ABSCO SPICE BROWN QUICK PENETRATING WOOD FINISH

All coatings emit vapors as they dry. Primarily, these vapors are evaporated solvents and their odors vary from mild to strong. One common misconception is that strong smelling solvents must be bad while solvents that do not have strong odors must be safe. Regardless of how much the vapors smell, the most comfortable and healthiest environment for the homeowner is achieved by aggressively expelling the vapors from the house. The homeowner will appreciate your concern for their comfort and well-being.

While leaving the house closed-up and turning on the furnace or air conditioning will actively churn the air and quickly dilute the vapors throughout the house, it will not eliminate the vapors.

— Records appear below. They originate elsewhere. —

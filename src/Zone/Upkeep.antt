-- ===== src/Zone/Upkeep.antt =====
-- The parts of an operation keep a zone's invariant
-- (src/NECROWorld/Server/Simulation/Maps/Zone.cpp): a write through an entity's pointer, an entity
-- that enters a cell, and one that leaves.
use mathlib.Core.Path.{subst₂}
use necro_mmo.Common.{
  ℕ, zero, suc, ◌+◌, ◌*◌, ◌≡◌, refl, sym, ap, ◌∙◌, none, some, List, [], ◌∷◌, get_elem?, set, ◌==◌,
  arith, Bool-cases, inl, inr, ==→eq,
}
use necro_mmo.Common.Dict.{
  Dict, lookup, erase, Distinct, lookup-insert, lookup-erase_self, lookup-erase_ne, insert-Distinct,
  erase-Distinct,
}
use necro_mmo.Entity.{Entity}
use necro_mmo.Zone.{Cell, Zone, add_entity_here, remove_entity_here, store_entity}
use necro_mmo.Zone.Placement.{IsValid, Located, corner, corner-set, Placed-enter, Placed-leave}

-- What a write keeps of an entity, for the invariant.
pub record Alike (e e' : Entity) : Type 0 where
  pub guid : e'.guid ≡ e.guid
  pub zone : e'.current_zone ≡ e.current_zone
  pub cell : e'.current_cell ≡ e.current_cell
  pub grid_x : e'.cur_grid_pos_x ≡ e.cur_grid_pos_x
  pub grid_y : e'.cur_grid_pos_y ≡ e.cur_grid_pos_y

Located-Alike :
    (zone_id g : ℕ) (cs : List Cell) (e e' : Entity)
    → Alike e e'
    → Located zone_id cs g e
    → Located zone_id cs g e'
Located-Alike zone_id g cs e e' a l = record {
  own = a.guid ∙ l.own;
  home = a.zone ∙ l.home;
  cell = l.cell;
  stands_in = a.cell ∙ l.stands_in;
  on_grid = l.on_grid ∙ ground (arith, a.grid_x, a.grid_y);
}

pub store-IsValid :
    (z : Zone) (g : ℕ) (e e' : Entity)
    → IsValid z
    → lookup g z.entities ≡ some e
    → Alike e e'
    → IsValid (store_entity g e' z)
store-IsValid z g e e' v found a = record {
  distinct = insert-Distinct g e' z.entities v.distinct;
  grid = v.grid;
  placed = λ g' i. ground (arith, v.placed g' i, lookup-insert g g' e' z.entities, found, a.cell);
  located = λ g' f h. elim (Bool-cases (g == g')) [
    | inl same ↦
        let is_new : e' ≡ f = ground (arith, lookup-insert g g' e' z.entities, h, same) in
        let eg : g ≡ g' = ==→eq g g' same in
        subst₂ (Located z.zone_id z.cell_map) eg is_new
          (Located-Alike z.zone_id g z.cell_map e e' a (v.located g e found))
    | inr other ↦ v.located g' f (ground (arith, lookup-insert g g' e' z.entities, h, other))
  ];
}

-- A cell that is changed in its list alone leaves the grid as it was.
abbrev SameCorner : Cell → Cell → Type 0
SameCorner c d = (d.cell_x ≡ c.cell_x) × (d.cell_y ≡ c.cell_y)

Located-set :
    (zone_id g : ℕ) (cs : List Cell) (j : ℕ) (c d : Cell) (e : Entity)
    → get_elem? cs j ≡ some c
    → SameCorner c d
    → Located zone_id cs g e
    → Located zone_id (set cs j d) g e
Located-set zone_id g cs j c d e found same l = record {
  own = l.own;
  home = l.home;
  cell = l.cell;
  stands_in = l.stands_in;
  on_grid = corner-set cs l.cell j c d found same.0 same.1 ∙ l.on_grid;
}

corner_of :
    (cs : List Cell) (j : ℕ) (c : Cell) (e : Entity)
    → get_elem? cs j ≡ some c
    → e.cur_grid_pos_x ≡ c.cell_x
    → e.cur_grid_pos_y ≡ c.cell_y
    → corner cs j ≡ some (e.cur_grid_pos_x, e.cur_grid_pos_y)
corner_of [] j c e found ex ey = cc
corner_of (x ∷ cs) zero c e found ex ey = ground (arith, found)
corner_of (x ∷ cs) (suc j) c e found ex ey = corner_of cs j c e found ex ey

-- The entity that enters a cell: its pointers are those of the cell and the zone.
pub enter-IsValid :
    (z : Zone) (j : ℕ) (c : Cell) (e : Entity)
    → IsValid z
    → get_elem? z.cell_map j ≡ some c
    → lookup e.guid z.entities ≡ none
    → e.current_zone ≡ some z.zone_id
    → e.current_cell ≡ some j
    → e.cur_grid_pos_x ≡ c.cell_x
    → e.cur_grid_pos_y ≡ c.cell_y
    → IsValid (
        store_entity e.guid e (record z { cell_map = set z.cell_map j (add_entity_here e.guid c) }))
unfolding add_entity_here
enter-IsValid z j c e v found new home stands_in ex ey =
    let d = add_entity_here e.guid c in
    let same_grid = corner-set z.cell_map j j c d found refl refl in
    let entered : Located z.zone_id (set z.cell_map j d) e.guid e = record {
      own = refl;
      home = home;
      cell = j;
      stands_in = stands_in;
      on_grid = same_grid ∙ corner_of z.cell_map j c e found ex ey;
    } in
    record {
      distinct = insert-Distinct e.guid e z.entities v.distinct;
      grid = λ x y hx hy.
          corner-set z.cell_map (y * z.width + x) j c d found refl refl ∙ v.grid x y hx hy;
      placed = Placed-enter z.cell_map z.entities j c e.guid e v.placed found new stands_in;
      located = λ g f h. elim (Bool-cases (e.guid == g)) [
        | inl same ↦
            let is_new : e ≡ f = ground (arith, lookup-insert e.guid g e z.entities, h, same) in
            subst₂ (Located z.zone_id (set z.cell_map j d)) (==→eq e.guid g same) is_new entered
        | inr other ↦
            Located-set z.zone_id g z.cell_map j c d f found (refl, refl)
              (v.located g f (ground (arith, lookup-insert e.guid g e z.entities, h, other)))
      ];
    }

-- An entity that leaves its cell and its zone.
pub leave-IsValid :
    (z : Zone) (j h : ℕ) (c : Cell) (e : Entity)
    → IsValid z
    → get_elem? z.cell_map j ≡ some c
    → lookup h z.entities ≡ some e
    → e.current_cell ≡ some j
    → IsValid (record z {
      cell_map = set z.cell_map j (remove_entity_here h c);
      entities = erase h z.entities;
    })
unfolding remove_entity_here
leave-IsValid z j h c e v found known stands_in =
    let d = remove_entity_here h c in
    record {
      distinct = erase-Distinct h z.entities v.distinct;
      grid = λ x y hx hy.
          corner-set z.cell_map (y * z.width + x) j c d found refl refl ∙ v.grid x y hx hy;
      placed = Placed-leave z.cell_map z.entities j c h e v.distinct v.placed found known stands_in;
      located = λ g f k. elim (Bool-cases (h == g)) [
        | inl same ↦ absurd (gone g f (==→eq h g same) k)
        | inr other ↦
            Located-set z.zone_id g z.cell_map j c d f found (refl, refl)
              (v.located g f (ground (arith, lookup-erase_ne h g z.entities, k, other)))
      ];
    }
  where
    gone : (g : ℕ) (f : Entity) → h ≡ g → lookup g (erase h z.entities) ≡ some f → ⊥
    gone g f e' k =
        cc
          (lookup-erase_self h z.entities v.distinct, ap (λ n. lookup n (erase h z.entities)) e', k)

-- The invariant reads the entities only by look-up.
pub entities-IsValid :
    (z : Zone) (es : Dict Entity)
    → IsValid z
    → Distinct es
    → ((g : ℕ) → lookup g es ≡ lookup g z.entities)
    → IsValid (record z { entities = es })
entities-IsValid z es v d same = record {
  distinct = d;
  grid = v.grid;
  placed = λ g i. v.placed g i ∙ ground (arith, same g);
  located = λ g e h. v.located g e (sym (same g) ∙ h);
}
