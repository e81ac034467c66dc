-- ===== src/Zone/Safety.antt =====
-- `AddEntityToZone`, `RemoveEntityFromZone` and the transfers
-- (src/NECROWorld/Server/Simulation/Maps/Zone.cpp) follow no dangling pointer and keep the invariant.
use necro_mmo.Common.{
  ℕ, ◌+◌, ◌*◌, ◌<◌, ◌≡◌, ◌≢◌, refl, sym, none, some, get_elem?, set, arith, Option-cases,
  Bool-cases, inl, inr, Bool, true, false, ◌⊎◌,
}
use necro_mmo.Common.Dict.{lookup, erase, lookup-insert, lookup-erase_self, lookup-erase_ne}
use necro_mmo.Common.Int.{ℤ, pos, negsuc}
use necro_mmo.Entity.{
  Fpu, Entity, cell_bound_check, world_to_cell, set_current_cell, set_current_zone,
}
use necro_mmo.Zone.{Cell, Zone, cell_index, remove_entity_here}
use necro_mmo.Zone.Placement.{IsValid, corner-get_elem?}
use necro_mmo.Zone.Upkeep.{enter-IsValid, leave-IsValid}
use necro_mmo.Zone.Moves.{add_entity_to_zone, place_at, place, leave_cell, remove_entity_from_zone}

-- What the bound check of a cell's coordinates gives.
pub cell_bound_check_lem :
    (x y : ℤ) (w h : ℕ)
    → cell_bound_check x y w h ≡ true
    → (a : ℕ) × (b : ℕ) × (x ≡ pos a) × (y ≡ pos b) × (a < w) × (b < h)
cell_bound_check_lem (pos a) (pos b) w h e = (a, b, refl, refl, ground arith, ground arith)
cell_bound_check_lem (pos a) (negsuc b) w h e = cc
cell_bound_check_lem (negsuc a) (pos b) w h e = cc
cell_bound_check_lem (negsuc a) (negsuc b) w h e = cc

-- Coordinates inside the map lead to a cell, which has them.
pub cell_at :
    (z : Zone) (x y : ℤ)
    → IsValid z
    → cell_bound_check x y z.width z.height ≡ true
    → (i : ℕ) × (c : Cell) × (cell_index x y z.width ≡ some i)
      × (get_elem? z.cell_map i ≡ some c)
      × (c.cell_x ≡ x)
      × (c.cell_y ≡ y)
cell_at z x y v e =
    let (a, b, ex, ey, ha, hb) = cell_bound_check_lem x y z.width z.height e in
    let (c, found, p, _) =
      corner-get_elem? z.cell_map (b * z.width + a) (pos a, pos b) (v.grid a b ha hb) in
    (b * z.width + a, c, ground arith, found, ground (arith, p), ground (arith, p))

-- What `AddEntityToZone` gives for the entity `e`.
pub record Added (fpu : Fpu) (e : Entity) (z z' : Zone) (taken : Bool) : Type 0 where
  pub valid : IsValid z'
  pub zone_same : z'.zone_id ≡ z.zone_id
  pub width_same : z'.width ≡ z.width
  pub height_same : z'.height ≡ z.height
  pub others : (g : ℕ) → g ≢ e.guid → lookup g z'.entities ≡ lookup g z.entities
  pub refused :
      taken ≡ false
      → (z' ≡ z)
        × ((lookup e.guid z.entities ≢ none)
            ⊎ (let (x, y) = world_to_cell fpu e.pos_x e.pos_y in
                cell_bound_check x y z.width z.height ≡ false))
  pub entered :
      taken ≡ true
      → (f : Entity) × (lookup e.guid z'.entities ≡ some f)
        × (lookup e.guid z.entities ≡ none)
        × (f.char_id ≡ e.char_id)
        × (f.pos_x ≡ e.pos_x)
        × (f.pos_y ≡ e.pos_y)
        × (f.pos_z ≡ e.pos_z)
        × ((f.cur_grid_pos_x, f.cur_grid_pos_y) ≡ world_to_cell fpu e.pos_x e.pos_y)
        × (cell_bound_check f.cur_grid_pos_x f.cur_grid_pos_y z.width z.height ≡ true)

Added-refused :
    (fpu : Fpu) (e : Entity) (z : Zone)
    → IsValid z
    → (lookup e.guid z.entities ≢ none)
      ⊎ (let (x, y) = world_to_cell fpu e.pos_x e.pos_y in
          cell_bound_check x y z.width z.height ≡ false)
    → Added fpu e z z false
Added-refused fpu e z v why = record {
  valid = v;
  zone_same = refl;
  width_same = refl;
  height_same = refl;
  others = λ g h. refl;
  refused = λ _. (refl, why);
  entered = λ h. cc;
}

Added-placed :
    (fpu : Fpu) (e : Entity) (z : Zone) (i : ℕ) (c : Cell)
    → IsValid z
    → lookup e.guid z.entities ≡ none
    → cell_bound_check c.cell_x c.cell_y z.width z.height ≡ true
    → (c.cell_x, c.cell_y) ≡ world_to_cell fpu e.pos_x e.pos_y
    → get_elem? z.cell_map i ≡ some c
    → Added fpu e z (place i c e z) true
unfolding set_current_cell set_current_zone
Added-placed fpu e z i c v new inside at found =
    let e' = set_current_cell i c.cell_x c.cell_y (set_current_zone z.zone_id e) in
    record {
      valid = enter-IsValid z i c e' v found new refl refl refl refl;
      zone_same = refl;
      width_same = refl;
      height_same = refl;
      others = λ g h. ground (arith, lookup-insert e.guid g e' z.entities, h);
      refused = λ h. cc;
      entered = λ _. (
        e',
        ground (arith, lookup-insert e.guid e.guid e' z.entities),
        new,
        refl,
        refl,
        refl,
        refl,
        at,
        inside,
      );
    }

-- `AddEntityToZone` on a valid zone always finds its cell: the result is a valid zone with the same
-- measures, in which every other entity is the same. An entity is taken exactly when it was not known
-- and its position is inside the map; it then keeps its position and stands on the grid where its
-- position is. One that is refused leaves the zone unchanged.
pub add_entity_to_zone-Added :
    (fpu : Fpu) (e : Entity) (z : Zone)
    → IsValid z
    → (z' : Zone) × (taken : Bool) × (add_entity_to_zone fpu e z ≡ some (z', taken))
      × Added fpu e z z' taken
unfolding add_entity_to_zone
add_entity_to_zone-Added fpu e z v = elim (Option-cases (lookup e.guid z.entities)) [
  | inr (f, known) ↦
      (z, false, rw (known, add_entity_to_zone), Added-refused fpu e z v (inl (λ k. cc (known, k))))
  | inl new ↦
      let (x, y) = world_to_cell fpu e.pos_x e.pos_y in
      elim (Bool-cases (cell_bound_check x y z.width z.height)) [
        | inr outside ↦
            (z, false, rw (new, add_entity_to_zone, outside), Added-refused fpu e z v (inr outside))
        | inl inside ↦
            let (i, c, ei, found, cx, cy) = cell_at z x y v inside in
            (
              place i c e z,
              true,
              rw (new, add_entity_to_zone, inside, ei, found, place_at),
              Added-placed fpu e z i c v new (rw (cx, cy) inside) (ground (arith, cx, cy)) found,
            )
      ]
]

-- The pointer to its cell, of an entity that the zone owns, leads to a cell.
pub cell_of :
    (z : Zone) (g : ℕ) (e : Entity)
    → IsValid z
    → lookup g z.entities ≡ some e
    → (i : ℕ) × (c : Cell) × (e.current_cell ≡ some i) × (get_elem? z.cell_map i ≡ some c)
cell_of z g e v known =
    let l = v.located g e known in
    let (c, found, _, _) = corner-get_elem? z.cell_map l.cell _ l.on_grid in
    (l.cell, c, l.stands_in, found)

-- `RemoveEntityFromZone` on a valid zone never follows a null cell pointer: it gives a valid zone
-- without the guid, in which every other entity is the same, and returns true exactly if the guid
-- was known.
pub remove_entity_from_zone-IsValid :
    (g : ℕ) (z : Zone)
    → IsValid z
    → (z' : Zone) × (found : Bool) × (remove_entity_from_zone g z ≡ some (z', found))
      × IsValid z'
      × (z'.zone_id ≡ z.zone_id)
      × (lookup g z'.entities ≡ none)
      × ((h : ℕ) → h ≢ g → lookup h z'.entities ≡ lookup h z.entities)
      × (found ≡ true → lookup g z.entities ≢ none)
      × (found ≡ false → lookup g z.entities ≡ none)
unfolding remove_entity_from_zone
remove_entity_from_zone-IsValid g z v = elim (Option-cases (lookup g z.entities)) [
  | inl unknown ↦ (
    z,
    false,
    rw (unknown, remove_entity_from_zone),
    v,
    refl,
    unknown,
    λ h ne. refl,
    λ e. cc,
    λ e. unknown,
  )
  | inr (e, known) ↦
      let (i, c, stands_in, found) = cell_of z g e v known in
      (
        record z {
          cell_map = set z.cell_map i (remove_entity_here g c);
          entities = erase g z.entities;
        },
        true,
        rw (known, remove_entity_from_zone, stands_in, leave_cell, found),
        leave-IsValid z i g c e v found known stands_in,
        refl,
        lookup-erase_self g z.entities v.distinct,
        λ h ne. lookup-erase_ne g h z.entities (λ eq. ne (sym eq)),
        λ _ e'. cc (known, e'),
        λ e'. cc,
      )
]
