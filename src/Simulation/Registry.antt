-- ===== src/Simulation/Registry.antt =====
-- The tables of players (src/NECROWorld/Server/Simulation/WorldSimulation.cpp, `RegisterPlayer` and
-- `UnregisterPlayer`), over any view of who stands where.
use necro_mmo.Common.{
  ℕ, ◌+◌, ◌≤◌, ◌<◌, ◌≡◌, ◌≢◌, sym, ap, ◌∙◌, false, Option, none, some, ◌==◌, ◌&&◌, if◌then◌else◌,
  arith, Bool-cases, inl, inr, ==→eq,
}
use necro_mmo.Common.Dict.{
  Dict, lookup, insert, erase, Distinct, lookup-insert, lookup-erase_self, lookup-erase_ne,
  insert-Distinct, erase-Distinct,
}
use necro_mmo.Simulation.{Pointer}

-- The character whose entity a zone owns under a guid.
abbrev pub Who : Type 0
Who = ℕ → ℕ → Option ℕ

-- The two tables list exactly the players that stand in a zone, each under its character once.
pub record Agree (players : Dict Pointer) (chars : Dict ℕ) (who : Who) (next : ℕ) : Type 0 where
  pub players_distinct : Distinct players
  pub chars_distinct : Distinct chars
  pub registered :
      (g : ℕ) (p : Pointer)
      → lookup g players ≡ some p
      → (c : ℕ) × (p.guid ≡ g) × (who p.in_zone g ≡ some c) × (lookup c chars ≡ some g)
  pub indexed :
      (c g : ℕ)
      → lookup c chars ≡ some g
      → (p : Pointer) × (lookup g players ≡ some p) × (who p.in_zone g ≡ some c)
  pub inhabited :
      (id g c : ℕ)
      → who id g ≡ some c
      → (p : Pointer) × (lookup g players ≡ some p) × (p.in_zone ≡ id)
  pub fresh : (id g c : ℕ) → who id g ≡ some c → g < next
  -- The guid 0 is given to nobody.
  pub counted : 0 < next

-- A view that says the same.
pub Agree-ext :
    (players : Dict Pointer) (chars : Dict ℕ) (who who' : Who) (next : ℕ)
    → ((id g : ℕ) → who' id g ≡ who id g)
    → Agree players chars who next
    → Agree players chars who' next
Agree-ext players chars who who' next same a = record {
  players_distinct = a.players_distinct;
  chars_distinct = a.chars_distinct;
  registered =
      λ g p h. let (c, own, w, k) = a.registered g p h in (c, own, same p.in_zone g ∙ w, k);
  indexed = λ c g h. let (p, k, w) = a.indexed c g h in (p, k, same p.in_zone g ∙ w);
  inhabited = λ id g c h. a.inhabited id g c (sym (same id g) ∙ h);
  fresh = λ id g c h. a.fresh id g c (sym (same id g) ∙ h);
  counted = a.counted;
}

-- A later counter.
pub Agree-next :
    (players : Dict Pointer) (chars : Dict ℕ) (who : Who) (next next' : ℕ)
    → next ≤ next'
    → Agree players chars who next
    → Agree players chars who next'
Agree-next players chars who next next' le a = record {
  players_distinct = a.players_distinct;
  chars_distinct = a.chars_distinct;
  registered = a.registered;
  indexed = a.indexed;
  inhabited = a.inhabited;
  fresh = λ id g c h. omega (arith, a.fresh id g c h);
  counted = omega (arith, a.counted);
}

-- A view after the guid `g` of the zone `id` has got the owner `o`.
abbrev pub with_owner : ℕ → ℕ → Option ℕ → Who → Who
with_owner id g o who i h = if i == id && h == g then o else who i h

pub elsewhere :
    (id g i h : ℕ) (o : Option ℕ) (who : Who) → h ≢ g → with_owner id g o who i h ≡ who i h
elsewhere id g i h o who ne = ground arith

lookup-insert_ne :
    {V : Type 0} (k j : ℕ) (v : V) (d : Dict V) → k ≢ j → lookup j (insert k v d) ≡ lookup j d
lookup-insert_ne k j v d ne = ground (arith, lookup-insert k j v d)

pub lookup-insert_self :
    {V : Type 0} (k : ℕ) (v : V) (d : Dict V) → lookup k (insert k v d) ≡ some v
lookup-insert_self k v d = ground (arith, lookup-insert k k v d)

module _ (players : Dict Pointer) (chars : Dict ℕ) (who : Who) (next : ℕ) where
  -- A guid that nobody has had enters the zone `id`, with a character that is not there yet.
  pub Agree-enter :
      (id g c : ℕ)
      → Agree players chars who next
      → next ≤ g
      → lookup c chars ≡ none
      → Agree
          (insert g (record { in_zone = id; guid = g }) players)
          (insert c g chars)
          (with_owner id g (some c) who)
          (g + 1)
  Agree-enter id g c a late new =
      let p : Pointer = record { in_zone = id; guid = g } in
      record {
        players_distinct = insert-Distinct g p players a.players_distinct;
        chars_distinct = insert-Distinct c g chars a.chars_distinct;
        registered = λ h q k. elim (Bool-cases (g == h)) [
          | inl same ↦
              let eh = ==→eq g h same in
              let eq : p ≡ q = ground (arith, lookup-insert g h p players) in
              (
                c,
                ap (λ r. r.guid) (sym eq) ∙ eh,
                ap (λ r. with_owner id g (some c) who r.in_zone h) (sym eq) ∙ ground (arith, eh),
                lookup-insert_self c g chars ∙ ap (λ n. some n) eh,
              )
          | inr other ↦
              let ne : g ≢ h = λ e. ground arith in
              let (d, own, w, kc) =
                a.registered h q (sym (lookup-insert_ne g h p players ne) ∙ k) in
              (
                d,
                own,
                elsewhere id g q.in_zone h (some c) who (λ e. ne (sym e)) ∙ w,
                lookup-insert_ne c d g chars (λ e. cc (new, kc, e)) ∙ kc,
              )
        ];
        indexed = λ d h k. elim (Bool-cases (c == d)) [
          | inl same ↦
              let eh : g ≡ h = ground (arith, lookup-insert c d g chars) in
              (
                p,
                ap (λ n. lookup n (insert g p players)) (sym eh) ∙ lookup-insert_self g p players,
                ground (arith, eh, ==→eq c d same),
              )
          | inr other ↦
              let ne : c ≢ d = λ e. ground arith in
              let (q, kp, w) = a.indexed d h (sym (lookup-insert_ne c d g chars ne) ∙ k) in
              let old = a.fresh q.in_zone h d w in
              (
                q,
                lookup-insert_ne g h p players (λ e. omega arith) ∙ kp,
                elsewhere id g q.in_zone h (some c) who (λ e. omega arith) ∙ w,
              )
        ];
        inhabited = λ i h d k. elim (Bool-cases (i == id && h == g)) [
          | inl here ↦
              let eh : g ≡ h = ground arith in
              let ei : id ≡ i = ground arith in
              (
                p,
                ap (λ n. lookup n (insert g p players)) (sym eh) ∙ lookup-insert_self g p players,
                ei,
              )
          | inr other ↦
              let w : who i h ≡ some d = ground arith in
              let (q, kp, e) = a.inhabited i h d w in
              let old = a.fresh i h d w in
              (q, lookup-insert_ne g h p players (λ e'. omega arith) ∙ kp, e)
        ];
        fresh = λ i h d k. elim (Bool-cases (i == id && h == g)) [
          | inl here ↦ ground arith
          | inr other ↦ let old = a.fresh i h d (ground arith) in omega arith
        ];
        counted = omega arith;
      }

  -- A registered player leaves.
  pub Agree-leave :
      (p : Pointer) (g c : ℕ)
      → Agree players chars who next
      → lookup g players ≡ some p
      → who p.in_zone g ≡ some c
      → lookup c chars ≡ some g
      → Agree (erase g players) (erase c chars) (with_owner p.in_zone g none who) next
  Agree-leave p g c a kp w kc = record {
    players_distinct = erase-Distinct g players a.players_distinct;
    chars_distinct = erase-Distinct c chars a.chars_distinct;
    registered = λ h q k.
        let ne : g ≢ h = λ e. cc (
          ap (λ n. lookup n (erase g players)) (sym e)
              ∙ lookup-erase_self g players a.players_distinct,
          k,
        ) in
        let (d, own, w', kd) = a.registered h q (sym (lookup-erase_ne g h players ne) ∙ k) in
        (
          d,
          own,
          elsewhere p.in_zone g q.in_zone h none who (λ e. ne (sym e)) ∙ w',
          lookup-erase_ne c d chars (λ e. ne (cc (kc, kd, e))) ∙ kd,
        );
    indexed = λ d h k.
        let ne : c ≢ d = λ e. cc (
          ap (λ n. lookup n (erase c chars)) (sym e) ∙ lookup-erase_self c chars a.chars_distinct,
          k,
        ) in
        let (q, kq, w') = a.indexed d h (sym (lookup-erase_ne c d chars ne) ∙ k) in
        let away : g ≢ h = λ e. ne (cc (kp, kq, e, w, w')) in
        (
          q,
          lookup-erase_ne g h players away ∙ kq,
          elsewhere p.in_zone g q.in_zone h none who (λ e. away (sym e)) ∙ w',
        );
    inhabited = λ i h d k. elim (Bool-cases (i == p.in_zone && h == g)) [
      | inl here ↦ absurd (ground arith)
      | inr other ↦
          let w' : who i h ≡ some d = ground arith in
          let (q, kq, e) = a.inhabited i h d w' in
          let away : g ≢ h = λ eg. both other (cc (kp, kq, eg, e)) (sym eg) in
          (q, lookup-erase_ne g h players away ∙ kq, e)
    ];
    fresh = λ i h d k. elim (Bool-cases (i == p.in_zone && h == g)) [
      | inl here ↦ absurd (ground arith)
      | inr other ↦ a.fresh i h d (ground arith)
    ];
    counted = a.counted;
  }
    where
      both : {i h : ℕ} → (i == p.in_zone && h == g) ≡ false → i ≡ p.in_zone → h ≡ g → ⊥
      both other ei eh = ground arith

Although it is quite possible that the vapors may be dispersed so evenly by this method that their smell will diminish to the limits of detection, the vapors will still be present. The best way to assure indoor air quality is by employing the following recommendations.

There is only one way to eliminate vapors effectively, expel them from the house. This is achieved by exchanging the indoor air with clean outdoor air. Once a floor has dried to the touch, most of the solvents have been emitted.
At this point, opening windows and doors is a good start. Using them in conjunction with the furnace (see cautions later in this article), ventilation or air conditioning systems helps immensely. Adding portable fans to the mix and turning on bathroom and kitchen exhaust fans will really stir the air and help.
If outdoor air is actively being introduced to the house and there are no air spaces in the house where air is stagnant, such as closets, fumes will be eliminated after an enough air exchange. How many is impossible to determine because of a multitude of factors that vary for every house and environment.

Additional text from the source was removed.